В устремлённых на него глазах фрау Шиллер Смирнов прочёл такое, что вынужден был отвернуться.
– Уходите немедленно!
Дверь захлопнулась.
“Вы же не фашист, господин майор, – повторял и повторял Смирнов, не находя себе места. – Да, господин майор не фашист. Он три года шел сюда, чтобы победить эту чуму”.
Хмель прошел, и стало стыдно за свою минутную слабость. Вышел, позвал водителя.
– Собирайся, мы уезжаем! – приказал он.
– Как? Сейчас, среди ночи? Где же будем ночевать?
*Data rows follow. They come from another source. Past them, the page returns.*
-- ===== src/Booking/Outcome/Creation.antt =====
-- apps/services/booking-service/src/service/booking_service.rs: what the transaction of
-- `create_booking` leaves in the tables.
use mathlib.Core.Option
use our_driveway.Prelude.{
  ℕ, ◌+◌, ◌==◌, not, arith, ◌≡◌, refl, Bool, true, false, Option, none, some,
}
use our_driveway.Prelude.Int.{ℤ, pos}
use our_driveway.Prelude.Result.{
  MyError, api, Result, ok, err, Tx, ◌>>=◌, ◌>>◌, require, context, committed,
}
use our_driveway.Shared.Slots.{Availability}
use our_driveway.Shared.Bookings.{Status, Booking, BookingCreated, BookingEvent, created_row}
use our_driveway.Shared.Spots.{SpotMirror, bookable}
use our_driveway.Bus.Outbox.{Pending, enqueue}
use our_driveway.Booking.Availability.{Rejection, check}
use our_driveway.Booking.Schedule.{Calendar, ends_at}
use our_driveway.Booking.Table.{
  Db, Stamp, Envelope, find_booking, find_spot, taken_for_spot, put_row, upsert,
}
use our_driveway.Booking.Service.Create.{
  CreateBookingRequest, Clock, hold_ms, not_ready, checked, amount_of, reserve, authorise_new,
  existing_or_new, create_booking,
}

-- The spot is offered to the renter, and the row is the request's, at the spot's price.
pub record Offered (cal : Calendar) (renter_id : ℕ) (request : CreateBookingRequest) (db : Db)
    (availability : Availability) (minutes : ℤ) (row : Booking) : Type 0 where
  pub spot : SpotMirror
  pub price : ℤ
  pub there : find_spot request.spot_id db.spots ≡ some spot
  pub offer : bookable spot ≡ some (availability, price, row.host_id)
  pub active : spot.active ≡ true
  pub another : (row.host_id == renter_id) ≡ false
  pub renter : row.renter_id ≡ renter_id
  pub plate : row.license_plate ≡ request.license_plate
  pub amount : row.amount ≡ amount_of minutes price
  pub ending : Option.bind spot.timezone (ends_at cal request.booked) ≡ some row.ends_at

-- The event tells the row, which holds the spot from the clock's instant on.
pub record Told (clock : Clock) (row : Booking) (out : Pending Envelope) : Type 0 where
  pub event : BookingCreated
  pub payload : out.payload.payload ≡ BookingEvent.created event
  pub tells : created_row event clock.write_at (pos 1) ≡ row
  pub hold : event.expires_at ≡ clock.hold_at + hold_ms

-- Why a request is refused, or is one that was answered before.
pub data Refused (cal : Calendar) (renter_id : ℕ) (request : CreateBookingRequest) (booking_id : ℕ)
    (clock : Clock) (db : Db) : Type 0 where
  no_spot :
      find_spot request.spot_id db.spots ≡ none → Refused cal renter_id request booking_id clock db
  repeated :
      (b : Booking)
      → find_booking booking_id db.bookings ≡ some b
      → Refused cal renter_id request booking_id clock db
  incomplete :
      (spot : SpotMirror)
      → find_spot request.spot_id db.spots ≡ some spot
      → bookable spot ≡ none
      → Refused cal renter_id request booking_id clock db
  inactive :
      (spot : SpotMirror)
      → find_spot request.spot_id db.spots ≡ some spot
      → spot.active ≡ false
      → Refused cal renter_id request booking_id clock db
  own :
      (spot : SpotMirror) (availability : Availability) (price : ℤ) (host_id : ℕ)
      → find_spot request.spot_id db.spots ≡ some spot
      → bookable spot ≡ some (availability, price, host_id)
      → (host_id == renter_id) ≡ true
      → Refused cal renter_id request booking_id clock db
  unfit :
      (spot : SpotMirror) (availability : Availability) (price : ℤ) (host_id : ℕ) (why : Rejection)
      → find_spot request.spot_id db.spots ≡ some spot
      → bookable spot ≡ some (availability, price, host_id)
      → check cal.weekday_of availability
          (taken_for_spot request.spot_id clock.read_at db.bookings)
          request.booked
        ≡ err why
      → Refused cal renter_id request booking_id clock db
  endless :
      (spot : SpotMirror)
      → find_spot request.spot_id db.spots ≡ some spot
      → Option.bind spot.timezone (ends_at cal request.booked) ≡ none
      → Refused cal renter_id request booking_id clock db

-- The new row and its first event, below the checks that they passed, or every table as it was,
-- where one of the checks refuses.
pub data Creation (cal : Calendar) (renter_id : ℕ) (request : CreateBookingRequest) (booking_id : ℕ)
    (stamp : Stamp) (clock : Clock) (db db' : Db) : Type 0 where
  kept :
      Refused cal renter_id request booking_id clock db
      → db' ≡ db
      → Creation cal renter_id request booking_id stamp clock db db'
  made :
      (availability : Availability) (minutes : ℤ) (row : Booking) (out : Pending Envelope)
      → find_booking booking_id db.bookings ≡ none
      → check cal.weekday_of availability
          (taken_for_spot request.spot_id clock.read_at db.bookings)
          request.booked
        ≡ ok minutes
      → row.id ≡ booking_id
      → row.spot_id ≡ request.spot_id
      → row.booked ≡ request.booked
      → row.status ≡ Status.reserved
      → row.version ≡ pos 1
      → db'.bookings ≡ put_row row db.bookings
      → db'.outbox ≡ enqueue out db.outbox
      → out.id ≡ stamp.event_id
      → out.payload.aggregate ≡ booking_id
      → out.payload.version ≡ pos 1
      → Offered cal renter_id request db availability minutes row
      → Told clock row out
      → db'.spots ≡ db.spots
      → Creation cal renter_id request booking_id stamp clock db db'

module _ (cal : Calendar) (renter_id : ℕ) (request : CreateBookingRequest) (booking_id : ℕ)
    (stamp : Stamp) (clock : Clock) (db : Db) where
  abbrev Creates : Tx Db ℤ → Type 0
  Creates m = Creation cal renter_id request booking_id stamp clock db (committed m db)

  abbrev Refuses : Type 0
  Refuses = Refused cal renter_id request booking_id clock db

  Creates-require :
      (c : Bool) (e : MyError) (m : Tx Db ℤ)
      → (c ≡ false → Refuses)
      → (c ≡ true → Creates m)
      → Creates (require c e >> m)
  Creates-require true e m r h = h refl
  Creates-require false e m r h = kept (r refl) refl

  Creates-context :
      {A : Type 0} (o : Option A) (e : MyError) (f : A → Tx Db ℤ)
      → (o ≡ none → Refuses)
      → ((a : A) → o ≡ some a → Creates (f a))
      → Creates (context o e >>= f)
  Creates-context none e f r h = kept (r refl) refl
  Creates-context (some a) e f r h = h a refl

  Creates-checked :
      (c : Result Rejection ℤ) (f : ℤ → Tx Db ℤ)
      → ((x : Rejection) → c ≡ err x → Refuses)
      → ((m : ℤ) → c ≡ ok m → Creates (f m))
      → Creates (checked c >>= f)
  Creates-checked (ok m) f r h = h m refl
  Creates-checked (err x) f r h = kept (r x refl) refl

  module _ (spot : SpotMirror) (there : find_spot request.spot_id db.spots ≡ some spot) where
    reserve-Creates :
        (availability : Availability) (minutes price : ℤ) (host_id last : ℕ)
        → find_booking booking_id db.bookings ≡ none
        → check cal.weekday_of availability
            (taken_for_spot request.spot_id clock.read_at db.bookings)
            request.booked
          ≡ ok minutes
        → bookable spot ≡ some (availability, price, host_id)
        → spot.active ≡ true
        → not (host_id == renter_id) ≡ true
        → Option.bind spot.timezone (ends_at cal request.booked) ≡ some last
        → Creates (
            reserve cal renter_id request booking_id stamp clock host_id
              (amount_of minutes price)
              last)
    unfolding reserve created_row upsert Option.bind
    reserve-Creates availability minutes price host_id last e c b ac apart l =
        made availability minutes _ _ e c refl refl refl refl refl refl refl refl refl refl
          (record {
            spot = spot;
            price = price;
            there = there;
            offer = b;
            active = ac;
            another = ground arith;
            renter = refl;
            plate = refl;
            amount = refl;
            ending = l;
          })
          (record { event = _; payload = refl; tells = rw e refl; hold = refl }) refl

    authorise_new-Creates :
        find_booking booking_id db.bookings ≡ none
        → Creates (authorise_new cal renter_id request booking_id stamp clock spot)
    unfolding authorise_new
    authorise_new-Creates e =
        Creates-context (bookable spot) not_ready _ (incomplete spot there)
          (λ (availability, price, host_id) b.
            Creates-require spot.active (api 409 "Unavailable") _ (inactive spot there) (λ ac.
              Creates-require (not (host_id == renter_id)) (api 409 "Not allowed") _
                (λ h. own spot availability price host_id there b (ground arith))
                (λ apart.
                  Creates-checked
                    (check cal.weekday_of availability
                      (taken_for_spot request.spot_id clock.read_at db.bookings) request.booked)
                    _ (λ x. unfit spot availability price host_id x there b)
                    (λ m c.
                      Creates-context (Option.bind spot.timezone (ends_at cal request.booked))
                        not_ready _ (endless spot there)
                        (λ last l.
                          reserve-Creates availability m price host_id last e c b ac apart l)))))

    existing_or_new-Creates :
        (o : Option Booking)
        → find_booking booking_id db.bookings ≡ o
        → Creates (existing_or_new cal renter_id request booking_id stamp clock spot o)
    unfolding existing_or_new
    existing_or_new-Creates none e = authorise_new-Creates e
    existing_or_new-Creates (some b) e = kept (repeated b e) refl

  pub create_booking-Creation :
      Creation cal renter_id request booking_id stamp clock db
        (committed (create_booking cal renter_id request booking_id stamp clock) db)
  unfolding create_booking
  create_booking-Creation =
      Creates-context (find_spot request.spot_id db.spots) (api 404 "Not Found") _ no_spot
        (λ spot there.
          existing_or_new-Creates spot there (find_booking booking_id db.bookings) refl)
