-- ===== src/Booking/Reactor.antt =====
-- apps/services/booking-service/src/projector.rs: the projector of SPOTS events, which also cancels
-- the paid bookings that a spot can no longer honour.
use our_driveway.Prelude.{
  ℕ, suc, Bool, true, false, Option, none, some, List, [], ◌∷◌, if◌then◌else◌,
}
use our_driveway.Prelude.Int.{ℤ}
use our_driveway.Prelude.Result.{Result, ok, err, Tx, ◌>>=◌, ◌>>◌, return, gets, modify}
use our_driveway.Shared.Slots.{Availability}
use our_driveway.Shared.Bookings.{Status, Booking, BookingEvent, spot_unavailable}
use our_driveway.Shared.Spots.{
  SpotEvent, SpotMirrorPatch, spot_id_of, created_patch, updated_patch, deleted_patch,
}
use our_driveway.Booking.Availability.{check}
use our_driveway.Booking.Schedule.{Calendar}
use our_driveway.Booking.Table.{Db, Stamp, upcoming_confirmed, merge, set_spot_version}
use our_driveway.Booking.Service.Settle.{settle}

abbrev pub is_ok : {E A : Type 0} → Result E A → Bool
is_ok (ok a) = true
is_ok (err e) = false

-- `SpotProjector::cancel`
unfoldable pub cancel_unavailable : Stamp → Booking → Tx Db ℤ
cancel_unavailable stamp b =
    settle stamp b.spot_id b.id none Status.cancelled (Status.confirmed ∷ []) none
      (some spot_unavailable) (BookingEvent.cancelled b.id spot_unavailable)

unfoldable pub patch_of : SpotEvent → SpotMirrorPatch
patch_of (SpotEvent.created e) = created_patch e
patch_of (SpotEvent.updated e) = updated_patch e
patch_of (SpotEvent.deleted id) = deleted_patch

module _ (cal : Calendar) where
  -- Whether a paid booking still sits inside the spot's hours.
  unfoldable pub fits : Availability → Booking → Bool
  fits availability b = is_ok (check cal.weekday_of availability [] b.booked)

  -- `none` for a deleted spot, which keeps no booking.
  unfoldable pub kept_by : Option Availability → Booking → Bool
  kept_by none b = false
  kept_by (some availability) b = fits availability b

  -- The loop of `react`, with a supply of stamps: the `n`-th booking takes the `n`-th.
  unfoldable pub cancel_each :
      Option Availability → (ℕ → Stamp) → ℕ → List Booking → Tx Db (Unit {0})
  cancel_each hours stamps n [] = return tt
  cancel_each hours stamps n (b ∷ rest) =
      if kept_by hours b
      then cancel_each hours stamps (suc n) rest
      else (cancel_unavailable (stamps n) b >>= λ _. cancel_each hours stamps (suc n) rest)

  unfoldable pub withdraw : Option Availability → (ℕ → Stamp) → ℕ → ℕ → Tx Db (Unit {0})
  withdraw hours stamps spot_id when = do
    upcoming ← gets (λ db. upcoming_confirmed spot_id when db.bookings)
    cancel_each hours stamps 0 upcoming

  unfoldable pub react : (ℕ → Stamp) → SpotEvent → ℕ → Tx Db (Unit {0})
  react stamps (SpotEvent.created e) when = return tt
  react stamps (SpotEvent.updated e) when = elim e.availability [
    | none ↦ return tt
    | some a ↦ withdraw (some a) stamps e.spot_id when
  ]
  react stamps (SpotEvent.deleted id) when = withdraw none stamps id when

  -- `SpotProjector::apply`
  unfoldable pub apply_spot : (ℕ → Stamp) → SpotEvent → ℕ → ℤ → Tx Db (Unit {0})
  apply_spot stamps event when version = do
    react stamps event when
    modify (λ db. record db { spots = merge (spot_id_of event) (patch_of event) db.spots })
    modify (λ db. record db { spots = set_spot_version (spot_id_of event) version db.spots })
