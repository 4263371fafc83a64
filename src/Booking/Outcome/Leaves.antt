-- ===== src/Booking/Outcome/Leaves.antt =====
-- apps/services/booking-service/src/service: the steps that the handlers share, and when they let a
-- transaction run.
use our_driveway.Prelude.{
  ℕ, ◌==◌, ◌&&◌, refl, sym, Bool, true, false, Option, none, some, List, Bool-cases, inl, inr,
  subst,
}
use our_driveway.Prelude.Int.{ℤ}
use our_driveway.Prelude.Result.{
  MyError, Result, ok, err, Tx, ◌>>=◌, ◌>>◌, require, context, committed,
}
use our_driveway.Shared.Bookings.{
  Status, status_eq, Booking, BookingEvent, ReleaseReason, CancelReason,
}
use our_driveway.Booking.Table.{Db, Stamp}
use our_driveway.Booking.Service.Settle.{authorize, settle}
use our_driveway.Booking.Outcome.{Outcome, same, Settles, Tells, passes, due, settle-Settles}

-- What a transaction leaves in the tables, whether it answers or is rolled back.
abbrev pub Leaves : Bool → BookingEvent → ℕ → ℕ → Tx Db ℤ → Db → Type 0
Leaves runs event id event_id m db = Outcome runs event id event_id db (committed m db)

module _ (event : BookingEvent) (id event_id : ℕ) (db : Db) where
  pub Leaves-of-Settles :
      (runs : Bool) (m : Tx Db ℤ)
      → Settles runs event id event_id m db
      → Leaves runs event id event_id m db
  Leaves-of-Settles runs m (v, db', e, o) =
      subst
        (λ (r : Result MyError (ℤ × Db)).
          Outcome runs event id event_id db (elim r [ ok (a, s') ↦ s' | err x ↦ db ]))
        (sym e) o

  pub Leaves-require :
      (runs c : Bool) (e : MyError) (m : Tx Db ℤ)
      → Leaves runs event id event_id m db
      → Leaves (c && runs) event id event_id (require c e >> m) db
  Leaves-require runs true e m h = h
  Leaves-require runs false e m h = same refl refl

  pub Leaves-context :
      {A : Type 0} (runs : A → Bool) (o : Option A) (e : MyError) (f : A → Tx Db ℤ)
      → ((a : A) → Leaves (runs a) event id event_id (f a) db)
      → Leaves (passes o runs) event id event_id (context o e >>= f) db
  Leaves-context runs none e f h = same refl refl
  Leaves-context runs (some a) e f h = h a

  pub Leaves-authorize :
      (runs : Bool) (b : Booking) (renter_id : ℕ) (s : Status) (m : Tx Db ℤ)
      → Leaves runs event id event_id m db
      → Leaves
          (b.renter_id == renter_id && (status_eq b.status s && runs))
          event
          id
          event_id
          (authorize b renter_id s >> m)
          db
  unfolding authorize
  Leaves-authorize runs b renter_id s m h = elim (Bool-cases (b.renter_id == renter_id)) [
    | inl e ↦ elim (Bool-cases (status_eq b.status s)) [
      | inl f ↦ rw (e, f) h
      | inr f ↦ rw (e, f) (same refl refl)
    ]
    | inr e ↦ rw e (same refl refl)
  ]

module _ (stamp : Stamp) (spot_id id : ℕ) (actor : Option ℕ) (to : Status) (from : List Status)
    (why_released : Option ReleaseReason) (why_cancelled : Option CancelReason)
    (event : BookingEvent) (db : Db) where
  pub settle-Leaves :
      Tells stamp spot_id id actor to from why_released why_cancelled event db
      → Leaves
          (due event id db)
          event
          id
          stamp.event_id
          (settle stamp spot_id id actor to from why_released why_cancelled event)
          db
  settle-Leaves tells =
      Leaves-of-Settles event id stamp.event_id db (due event id db)
        (settle stamp spot_id id actor to from why_released why_cancelled event)
        (settle-Settles stamp spot_id id actor to from why_released why_cancelled event db tells)
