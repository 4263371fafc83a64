-- ===== src/Booking/Outcome/Rating.antt =====
-- apps/services/booking-service/src/service/booking_service.rs: the transaction of `rate`.
use our_driveway.Prelude.{
  ℕ, Bool, ◌&&◌, ◌≡◌, refl, sym, ◌∙◌, true, false, none, some, arith, Bool-cases, Option-cases, inl,
  inr, subst,
}
use our_driveway.Prelude.Int.{ℤ}
use our_driveway.Prelude.Result.{MyError, api, Result, ok, err, Tx}
use our_driveway.Shared.Versions.{next_version}
use our_driveway.Shared.Bookings.{Status, status_eq, Booking, BookingEvent}
use our_driveway.Bus.Outbox.{enqueue}
use our_driveway.Booking.Table.{
  Db, Stamp, find_booking, put_row, rate_row, set_booking_version, next_booking_version, is_none,
}
use our_driveway.Booking.Table.Laws.{find-id, find-put_row, find-set_booking_version-put_row}
use our_driveway.Booking.Service.Settle.{rate_in, rate_booking}
use our_driveway.Booking.Outcome.{Outcome, same, wrote, next_found, admits, due}
use our_driveway.Booking.Outcome.Leaves.{Leaves}

module _ (db : Db) (stamp : Stamp) (id : ℕ) where
  rate_row-none :
      (rating : ℤ)
      → find_booking id db.bookings ≡ none
      → rate_row id rating db.bookings ≡ (db.bookings, false)
  unfolding rate_row
  rate_row-none rating e = ground arith

  rate_row_refused :
      (rating : ℤ) (b : Booking)
      → find_booking id db.bookings ≡ some b
      → (status_eq b.status Status.confirmed && is_none b.rating) ≡ false
      → rate_row id rating db.bookings ≡ (db.bookings, false)
  unfolding rate_row
  rate_row_refused rating b e g = ground arith

  rate_row_done :
      (rating : ℤ) (b : Booking)
      → find_booking id db.bookings ≡ some b
      → (status_eq b.status Status.confirmed && is_none b.rating) ≡ true
      → rate_row id rating db.bookings
        ≡ (put_row (record b { rating = some rating }) db.bookings, true)
  unfolding rate_row
  rate_row_done rating b e g = ground arith

  rate_booking_refused :
      (b : Booking) (rating : ℤ)
      → rate_row id rating db.bookings ≡ (db.bookings, false)
      → rate_booking stamp b id rating db ≡ err (api 409 "Already rated")
  unfolding rate_booking rate_in
  rate_booking_refused b rating e = rw (e, rate_booking, rate_in) refl

  module _ (by b : Booking) (rating : ℤ) where
    -- The row with the rating, and the tables after it is numbered and announced.
    abbrev starred : Booking
    starred = record b { rating = some rating }

    abbrev after_rating : ℤ → Db
    after_rating v = record {
      bookings = set_booking_version id v (put_row starred db.bookings);
      spots = db.spots;
      outbox =
          enqueue
            (record {
              id = stamp.event_id;
              payload = record {
                subject = by.spot_id;
                aggregate = id;
                version = v;
                occurred_at = stamp.occurred_at;
                actor_id = some by.renter_id;
                payload = BookingEvent.rated id rating;
              };
              created_at = stamp.created_at;
            })
            db.outbox;
    }

    rate_booking_done :
        rate_row id rating db.bookings ≡ (put_row starred db.bookings, true)
        → rate_booking stamp by id rating db
          ≡ ok (
            next_booking_version id (put_row starred db.bookings),
            after_rating (next_booking_version id (put_row starred db.bookings)),
          )
    unfolding rate_booking rate_in
    rate_booking_done e = rw (e, rate_booking, rate_in) refl

    next_starred :
        find_booking id db.bookings ≡ some b
        → next_booking_version id (put_row starred db.bookings) ≡ next_version (some b.version)
    next_starred e =
        next_found (record db { bookings = put_row starred db.bookings }) id starred
          (find-put_row id starred db.bookings ∙ ground (arith, find-id id db.bookings b e))

    starred-Outcome :
        find_booking id db.bookings ≡ some b
        → admits (BookingEvent.rated id rating) b ≡ true
        → Outcome
            (due (BookingEvent.rated id rating) id db)
            (BookingEvent.rated id rating)
            id
            stamp.event_id
            db
            (after_rating (next_booking_version id (put_row starred db.bookings)))
    starred-Outcome e g =
        wrote b _ (rw e g) e g
          (λ k. rw (next_starred e) (
            find-set_booking_version-put_row k id _ starred db.bookings
              (find-id id db.bookings b e)))
          refl refl refl refl (next_starred e) refl

  committed_of :
      {r : Result MyError (ℤ × Db)} (runs : Bool) (event : BookingEvent) (m : Tx Db ℤ)
      → m db ≡ r
      → Outcome runs event id stamp.event_id db (elim r [ ok (a, s') ↦ s' | err x ↦ db ])
      → Leaves runs event id stamp.event_id m db
  committed_of runs event m e o =
      subst
        (λ (r : Result MyError (ℤ × Db)).
          Outcome runs event id stamp.event_id db (elim r [ ok (a, s') ↦ s' | err x ↦ db ]))
        (sym e) o

  pub rate_booking-Leaves :
      (by : Booking) (rating : ℤ)
      → Leaves
          (due (BookingEvent.rated id rating) id db)
          (BookingEvent.rated id rating)
          id
          stamp.event_id
          (rate_booking stamp by id rating)
          db
  rate_booking-Leaves by rating = elim (Option-cases (find_booking id db.bookings)) [
    | inl e ↦
        committed_of (due (BookingEvent.rated id rating) id db) (BookingEvent.rated id rating)
          (rate_booking stamp by id rating)
          (rate_booking_refused by rating (rate_row-none rating e)) (same (rw e refl) refl)
    | inr (b, e) ↦ elim (Bool-cases (admits (BookingEvent.rated id rating) b)) [
      | inl g ↦
          committed_of (due (BookingEvent.rated id rating) id db) (BookingEvent.rated id rating)
            (rate_booking stamp by id rating)
            (rate_booking_done by b rating (rate_row_done rating b e g))
            (starred-Outcome by b rating e g)
      | inr g ↦
          committed_of (due (BookingEvent.rated id rating) id db) (BookingEvent.rated id rating)
            (rate_booking stamp by id rating)
            (rate_booking_refused by rating (rate_row_refused rating b e g)) (same (rw e g) refl)
    ]
  ]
– Да, немедленно! Вкрайнем случае поспим в машине, не в первый же раз.
2008 г.
ОДНАЖДЫ В 1947...
В 1947 году трое молодых лейтенантов после окончания училища ехали на восток к месту первой службы. Столик в купе был заставлен бутылками — обмывали новенькие погоны.
Под вечер на одной из станций в их купе зашёл низкорослый мужчина с восточного типа лицом. Гражданский костюм выглядел на нем мешковато, не скрывая щуплости хозяина. В руке он держал маленький чемоданчик. Мужчина, видимо, был очень утомлён. Коротко поздоровавшись, тотчас залез на верхнюю полку и заснул.
Между тем лейтенанты продолжали застолье. Недавно кончилась война, и, конечно, разговоры велись вокруг неё. Больше всех разглагольствовал рыжий лейтенант, задававший тон в компании. В какой-то момент, разгорячённый выпитым, он заявил:
– На фронте воевали одни русские. А разные там евреи, косоглазые и прочие чёрные отсиживались где-нибудь в Ташкенте, пока мы, русские, проливали кровь.
– Как же так, – возразил один из лейтенантов, – смотри сколько орденских планок на пиджаке этого. – Он указал на спящего.
– Неужели ты думаешь, что этот хлюпик действительно воевал? Да все они хилые и малодушные. Наверное торговал дынями. А награды купил в Одессе. Там можно всё купить.
Спящего разбудили громкие голоса. Услышав последние слова, он тотчас соскочил с полки.
— Я вам вчера не представился: майор Юлдашев. Воевал с первого и до последнего дня. Недавно демобилизовался и вот еду домой в Узбекистан. Я бы, конечно, мог показать вам документы. Но это просто смешно. Однако кое-что покажу.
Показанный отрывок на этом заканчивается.